Management Notes

Reference Notes for Management

For vouching of which item the auditor is most likely to examine cost records?

For vouching of which item the auditor is most likely to examine cost records?

 Options:

a) Commission earned
b) Bad debts recorded
c) Credit sales
d) Sale of scrap

The Correct Answer Is:

  • d) Sale of scrap

The correct answer is d) Sale of scrap.

Vouching is an essential auditing procedure that involves the examination of financial transactions and records to ensure their accuracy and reliability.

While all the options provided can be subject to vouching, the auditor is most likely to examine cost records when vouching for the “Sale of scrap.” Let’s delve into the reasons why and also discuss why the other options are not as likely to require examination of cost records.

d) Sale of scrap:

When examining the “Sale of scrap,” the auditor is likely to scrutinize cost records because scrap typically originates from the production process. Cost records are essential to determine the cost of producing the scrap, which, in turn, affects the calculation of the profit or loss on the sale of scrap.

The auditor needs to verify that the recorded revenue from scrap sales matches the actual income derived from selling the scrap materials. To achieve this, the auditor should compare the cost of the scrap, as recorded in the cost records, with the revenue generated from its sale, ensuring that the profit or loss is correctly accounted for in the financial statements.

The cost records will provide details on the cost of materials, labor, and overhead associated with the production process and, by extension, the cost of producing the scrap.

By examining these records, the auditor can assess whether the selling price of the scrap is reasonable, whether the cost allocation methods used are appropriate, and whether the financial statements accurately reflect the economic reality of the scrap sales.

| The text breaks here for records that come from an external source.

-- ===== src/Buffer/Pool/Sessions.antt =====
-- Every state that the calls of src/buffer/bpm.rs and the guards reach. A `delete_page` is two steps,
-- the work under the mutex and the request that follows it, with other calls in between. The page can
-- be loaded again before the request is sent, and is then in memory and deleted from the disk: the
-- states behind such a request are left out.
use oxtub.Base.{
  ◌++◌, ℕ, ◌<◌, ◌≡◌, ap, sym, subst, ◌∙◌, Option, none, some, List, [], ◌∷◌, and_then-eq-some, Exec,
  ok, err, panic,
}
use mathlib.Core.Option.{some-injective}
use oxtub.Base.Assoc.{get}
use oxtub.Buffer.Pool.Defs.{
  BufferPool, BufferPoolError, DiskScheduler, new, add_u32, new_page, write_page, read_page,
  unload_page, send_delete, drop_read, drop_write,
}
use oxtub.Buffer.Pool.Delete.{Unloaded, unload_page-runs, send_delete-Deleted}
use oxtub.Buffer.Pool.Drops.{drop_read-refines, drop_write-refines}
use oxtub.Buffer.Pool.Fetch.{Fetched}
use oxtub.Buffer.Pool.Frames.{held, release}
use oxtub.Buffer.Pool.Invariant.{PoolInv}
use oxtub.Buffer.Pool.Pages.{write_page-refines, read_page-refines}
use oxtub.Buffer.Pool.Store.{DiskLaws}
use oxtub.Buffer.Pool.Views.{Bounds}
use oxtub.Buffer.Pool.Start.{new-refines}

-- The guards after a fetch.
abbrev pub guard : Exec BufferPoolError ℕ → List ℕ → List ℕ
guard (ok f) gs = f ∷ gs
guard (err e) gs = gs
guard (oxtub.Base.panic) gs = gs

module _ {B D : Type 0} {scheduler : DiskScheduler B D} (laws : DiskLaws B D scheduler) where
  new_page-Inv :
      (s : BufferPool B D) (gs : List ℕ) (next : ℕ)
      → PoolInv laws s gs
      → PoolInv laws (record s { next_page_id = next }) gs
  new_page-Inv s gs next v = record {
    replacer = v.replacer;
    metas_size = v.metas_size;
    frames_size = v.frames_size;
    distinct = v.distinct;
    good = v.good;
    entry = v.entry;
    back = v.back;
    frame = v.frame;
    pins = v.pins;
    guards = v.guards;
    blank = v.blank;
    unique = v.unique;
  }

  new_page-eq-some :
      (s t : BufferPool B D) (p : ℕ)
      → new_page s ≡ some (p, t)
      → (next : ℕ) × (record s { next_page_id = next } ≡ t)
  unfolding new_page
  new_page-eq-some s t p e =
      let (next, _, done) = and_then-eq-some (add_u32 s.next_page_id 1) _ e in
      (next, ap (λ (x : ℕ × BufferPool B D). x.1) (some-injective _ (p, t) done))

  -- The deletions whose request is still to be sent, after the first half of `delete_page`.
  abbrev pub waits : Exec BufferPoolError (Unit {0}) → ℕ → List ℕ → List ℕ
  waits (ok _) p ps = p ∷ ps
  waits (err e) p ps = ps
  waits (oxtub.Base.panic) p ps = ps

  -- The states that a pool reaches from `new`, with the guards that are held and the deletions that
  -- wait. A request is sent in any order, while its page is in no frame.
  pub data Reaches : BufferPool B D → List ℕ → List ℕ → Type 0 where
    starts :
        (n : ℕ) (zeroes : B) (d : D) (s : BufferPool B D)
        → laws.Good d
        → new n zeroes d ≡ some s
        → Reaches s [] []
    takes_id :
        (s t : BufferPool B D) (gs ps : List ℕ) (p : ℕ)
        → Reaches s gs ps
        → new_page s ≡ some (p, t)
        → Reaches t gs ps
    writes :
        (s t : BufferPool B D) (gs ps : List ℕ) (p : ℕ) (o : Exec BufferPoolError ℕ)
        → Reaches s gs ps
        → Bounds s gs
        → write_page scheduler p s ≡ some (o, t)
        → Reaches t (guard o gs) ps
    reads :
        (s t : BufferPool B D) (gs ps : List ℕ) (p : ℕ) (o : Exec BufferPoolError ℕ)
        → Reaches s gs ps
        → Bounds s gs
        → read_page scheduler p s ≡ some (o, t)
        → Reaches t (guard o gs) ps
    drops_read :
        (s t : BufferPool B D) (gs ps : List ℕ) (f : ℕ)
        → Reaches s gs ps
        → Bounds s gs
        → 0 < held f gs
        → drop_read f s ≡ some t
        → Reaches t (release f gs) ps
    drops_write :
        (s t : BufferPool B D) (gs ps : List ℕ) (p f : ℕ) (bytes : B)
        → Reaches s gs ps
        → Bounds s gs
        → 0 < held f gs
        → get p s.page_table ≡ some f
        → laws.Full bytes
        → drop_write f bytes s ≡ some t
        → Reaches t (release f gs) ps
    unloads :
        (s t : BufferPool B D) (gs ps : List ℕ) (p : ℕ) (o : Exec BufferPoolError (Unit {0}))
        → Reaches s gs ps
        → unload_page p s ≡ some (o, t)
        → Reaches t gs (waits o p ps)
    sends :
        (s : BufferPool B D) (gs ps qs : List ℕ) (p : ℕ)
        → Reaches s gs (ps ++ p ∷ qs)
        → get p s.page_table ≡ none
        → Reaches (send_delete scheduler p s) gs (ps ++ qs)

  same_state :
      {A : Type 0} (P : A → BufferPool B D → Type 0) (a b : A) (s t : BufferPool B D)
      (r : Option (A × BufferPool B D))
      → r ≡ some (a, s)
      → r ≡ some (b, t)
      → P a s
      → P b t
  same_state P a b s t r e e' h =
      subst (λ (x : _ × BufferPool B D). P x.0 x.1) (some-injective (a, s) (b, t) (sym e ∙ e')) h

  Fetched-Inv :
      (s t : BufferPool B D) (gs : List ℕ) (p : ℕ) (o : Exec BufferPoolError ℕ)
      → Fetched laws s gs p o t
      → PoolInv laws t (guard o gs)
  Fetched-Inv s t gs p (ok f) h = h.0
  Fetched-Inv s t gs p (err e) h = h.0
  Fetched-Inv s t gs p (oxtub.Base.panic) h = elim h [ ]

  Unloaded-Inv :
      (s t : BufferPool B D) (gs : List ℕ) (p : ℕ) (o : Exec BufferPoolError (Unit {0}))
      → PoolInv laws s gs
      → Unloaded laws s gs p o t
      → PoolInv laws t gs
  Unloaded-Inv s t gs p (ok x) v h = h.0
  Unloaded-Inv s t gs p (err e) v h = subst (λ x. PoolInv laws x gs) (sym h.1) v
  Unloaded-Inv s t gs p (oxtub.Base.panic) v h = elim h [ ]

  -- On a disk that keeps the laws of a page store, the pool is in order in every state that the calls
  -- reach from `new`, one after the other under the mutex, while no counter of usize is about to
  -- overflow. A `delete_page` sends its request at any time after its work under the mutex, with other
  -- calls in between, but not after its page was loaded again. In order means: the page table and the
  -- frames agree, a frame's pin count is the number of its guards, the replacer may evict exactly the
  -- pages without a guard, a free frame is empty and free once, and a page in memory that is not dirty
  -- is on disk.
  pub Reaches-PoolInv : (s : BufferPool B D) (gs ps : List ℕ) → Reaches s gs ps → PoolInv laws s gs
  Reaches-PoolInv _ _ _ (starts n zeroes d s good e) =
      let (s', runs, v, _, _, _, _, _) = new-refines laws n zeroes d good in
      subst (λ x. PoolInv laws x []) (some-injective s' s (sym runs ∙ e)) v
  Reaches-PoolInv _ _ _ (takes_id s t gs ps p r e) =
      let (next, e') = new_page-eq-some s t p e in
      subst (λ x. PoolInv laws x gs) e' (new_page-Inv s gs next (Reaches-PoolInv s gs ps r))
  Reaches-PoolInv _ _ _ (writes s t gs ps p o r bounds e) =
      let (o', t', runs, h, _, _) =
        write_page-refines laws s gs p (Reaches-PoolInv s gs ps r) bounds in
      same_state (λ o t. PoolInv laws t (guard o gs)) o' o t' t _ runs e
        (Fetched-Inv s t' gs p o' h)
  Reaches-PoolInv _ _ _ (reads s t gs ps p o r bounds e) =
      let (o', t', runs, h, _, _) =
        read_page-refines laws s gs p (Reaches-PoolInv s gs ps r) bounds in
      same_state (λ o t. PoolInv laws t (guard o gs)) o' o t' t _ runs e
        (Fetched-Inv s t' gs p o' h)
  Reaches-PoolInv _ _ _ (drops_read s t gs ps f r bounds pinned e) =
      let (t', runs, v, _) =
        drop_read-refines laws s gs f (Reaches-PoolInv s gs ps r) bounds pinned in
      subst (λ x. PoolInv laws x (release f gs)) (some-injective t' t (sym runs ∙ e)) v
  Reaches-PoolInv _ _ _ (drops_write s t gs ps p f bytes r bounds pinned loaded full e) =
      let (t', runs, v, _) =
        drop_write-refines laws s gs f p bytes (Reaches-PoolInv s gs ps r) bounds pinned loaded
          full in
      subst (λ x. PoolInv laws x (release f gs)) (some-injective t' t (sym runs ∙ e)) v
  Reaches-PoolInv _ _ _ (unloads s t gs ps p o r e) =
      let v = Reaches-PoolInv s gs ps r in
      let (o', t', runs, h) = unload_page-runs laws s gs p v in
      same_state (λ _ t. PoolInv laws t gs) o' o t' t _ runs e (Unloaded-Inv s t' gs p o' v h)
  Reaches-PoolInv _ _ _ (sends s gs ps qs p r gone) =
      (send_delete-Deleted laws s gs p (Reaches-PoolInv s gs (ps ++ p ∷ qs) r) gone).0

In summary, vouching the “Sale of scrap” is likely to involve an examination of cost records because the cost of production directly impacts the profit or loss on scrap sales, and this information is critical for verifying the accuracy of financial statements.

Now, let’s address why the other options are not as likely to require examination of cost records:

a) Commission earned:

While commission earned is an important revenue item, it doesn’t typically involve an examination of cost records. The revenue from commissions is earned by performing certain services or facilitating transactions, and the associated costs are usually related to sales and marketing expenses, not production costs.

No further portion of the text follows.